Please use the preview pane to ensure it looks nice.

d. My complete Caddy config:

this config works properly over https, but it only serve the error pages defined in my :80 block on http

:80 {
    redir * https://error-pages.newdom.local 301
}

old1.example.local {
    redir /oldpath1* https://newpath1.newdom.local 301
    # ...
    redir * https://error-pages.newdom.local 301
}

old2.example.local {
    redir * https://some.random.domain.local 301
}

this one seems to work properly on both http and https:

:80 {
    redir * https://error-pages.newdom.local 301
}

http://old1.example.local, https://old1.example.local {
    redir /oldpath1* https://newpath1.newdom.local 301
    # ...
    redir * https://error-pages.newdom.local 301
}

http://old2.example.local, https://old2.example.local {
    redir * https://some.random.domain.local 301
}

5. Links to relevant resources:

teodorescuserban · December 14, 2023, 6:03pm

I’m reading through caddyhttp: Implement better logic for inserting the HTTP->HTTPS redirs by francislavoie · Pull Request #4033 · caddyserver/caddy · GitHub with hope but I must miss something…

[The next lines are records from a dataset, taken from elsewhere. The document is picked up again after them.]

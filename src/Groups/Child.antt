-- ===== src/Groups/Child.antt =====
-- `run_child` of scripts/abk_backport_engine.py over step groups.
use abk_5_15_backport.Prelude.{
  true, false, List, [], ◌∷◌, ◌++◌, Option, if◌then◌else◌, ◌≡◌, ◌≢◌, refl, ◌∙◌, ap, sym, arith,
  Bool-cases, inl, inr, All, map,
}
use abk_5_15_backport.Text.{Text}
use abk_5_15_backport.Result.{Result, ok}
use abk_5_15_backport.Disk.{FilePath, backup_path}
use abk_5_15_backport.Context.{Context}
use abk_5_15_backport.Context.Laws.{tree, tree-Reads}
use abk_5_15_backport.Context.Coherent.{IsSound}
use abk_5_15_backport.Steps
use abk_5_15_backport.Steps.{Step, Status}
use abk_5_15_backport.Steps.Collect.{edit}
use abk_5_15_backport.Groups.{GroupResult, is_success, is_edit, run_group, run_groups}
use abk_5_15_backport.Groups.Guard.{bind_ok, StepSpec, step_group, Did, run_checked-Did}

-- The steps of the groups that report a success.
abbrev pub accepted : List StepSpec → List GroupResult → List Step
accepted [] results = []
accepted (s ∷ specs) [] = []
accepted (s ∷ specs) (r ∷ results) =
    (if is_success r.status then s.steps else []) ++ accepted specs results

edit-append :
    (p : FilePath) (a b : List Step) (t : Option Text) → edit p (a ++ b) t ≡ edit p b (edit p a t)
unfolding edit
edit-append p [] b t = refl
edit-append p (s ∷ a) b t = edit-append p a b _

Did-edit :
    (steps : List Step) (c d : Context) (st : Status) (p : FilePath)
    → Did steps c st d
    → All (λ s. backup_path s.rel ≢ p) steps
    → tree d p ≡ edit p (if is_success st then steps else []) (tree c p)
Did-edit steps c d st p did a = elim (Bool-cases (is_success st)) [
  | inl yes_success ↦ rw yes_success (did.edited yes_success p a)
  | inr failed ↦ rw failed (
      ap (λ (t : FilePath → Option Text). t p) (tree-Reads (did.idle (not_edit st failed)))
      ∙ unfold edit in refl)
]
  where
    not_edit : (st : Status) → is_success st ≡ false → is_edit st ≡ false
    not_edit Steps.applied h = absurd (ground arith)
    not_edit Steps.partial h = absurd (ground arith)
    not_edit _ h = refl

-- An enabled run over a child's step groups that returns, from a sound context, has edited the
-- text at every path that is not the backup of a step's file by the steps of the groups that
-- report success, in the order of the groups, and by nothing else.
pub run_groups-edit :
    (specs : List StepSpec) (c : Context) (results : List GroupResult) (p : FilePath)
    → IsSound c
    → All (λ (s : StepSpec). All (λ (x : Step). backup_path x.rel ≢ p) s.steps) specs
    → (run_groups true (map step_group specs) c).0 ≡ ok results
    → tree (run_groups true (map step_group specs) c).1 p
      ≡ edit p (accepted specs results) (tree c p)
unfolding run_groups
run_groups-edit [] c results p h a e = unfold edit in refl
run_groups-edit (s ∷ specs) c results p h (a, rest_apart) e =
    let one = run_group true (step_group s) in
    let (r, f, step) = bind_ok one _ c results e in
    let d = (one c).1 in
    let e' = ap (λ (x : Result (List GroupResult) × Context). x.0) (sym step) ∙ e in
    let (rest, g, step') = bind_ok (run_groups true (map step_group specs)) _ d results e' in
    let did : Did s.steps c r.status d = unfold run_group in run_checked-Did s c r h f in
    let whole : ◌≡◌ {A = Result (List GroupResult)} (ok (r ∷ rest)) (ok results) =
      ap (λ (x : Result (List GroupResult) × Context). x.0) (sym step') ∙ e' in
    let same : r ∷ rest ≡ results = cc whole in
    rw
      (
        step,
        step',
        ← same,
        edit-append p (if is_success r.status then s.steps else []) (accepted specs rest)
            (tree c p),
        ← Did-edit s.steps c d r.status p did a,
      )
      (run_groups-edit specs d rest p did.sound rest_apart g)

francislavoie · December 14, 2023, 8:16pm

The order of the routes in the HTTP server when HTTP->HTTPS redirects are enabled is:

User-defined site starting with http:// (e.g. http://example.com)
HTTP->HTTPS redirects for HTTPS site addresses (e.g. example.com)
User-defined catch-all site (e.g. http:// or :80)
Always-included fallback catch-all redirecting HTTP traffic to HTTPS using the incoming Host header

teodorescuserban:

this config works properly over https, but it only serve the error pages defined in my :80 block on http

:80 {
    redir * https://error-pages.newdom.local 301
}

old1.example.local {
    redir /oldpath1* https://newpath1.newdom.local 301
    # ...
    redir * https://error-pages.newdom.local 301
}

old2.example.local {
    redir * https://some.random.domain.local 301
}

In this case, you have no (1), your two HTTPS sites are (2), and you have user-defined (3), and (4) is always included.

Caddy will serve a redirect from http://old1.example.local/ to https://old1.example.local/ first, and then the client after connecting to HTTPS will be served with the redirect from https://old1.example.local/ to https://error-pages.newdom.local/.

Make sure when testing you use the curl -vL (-L meaning Location header, to follow redirects). This is working as intended.

Also, you probably want to add {uri} at the end of all your redirects, to preserve the request URI, otherwise it gets dropped completely from the request. For example:

redir https://error-pages.newdom.local{uri} 301

teodorescuserban · December 14, 2023, 8:30pm

Well, doing simple examples works. Going a bit complicated, adding multiple domains and subdomains per address block will make the http requests fall through. I was not able to find any pattern here

The only consistent behaviour I found was to replace the simple domain name in the address block with http://domain, https://domain. In this case, no fall-through occurs, but no redirect to https also.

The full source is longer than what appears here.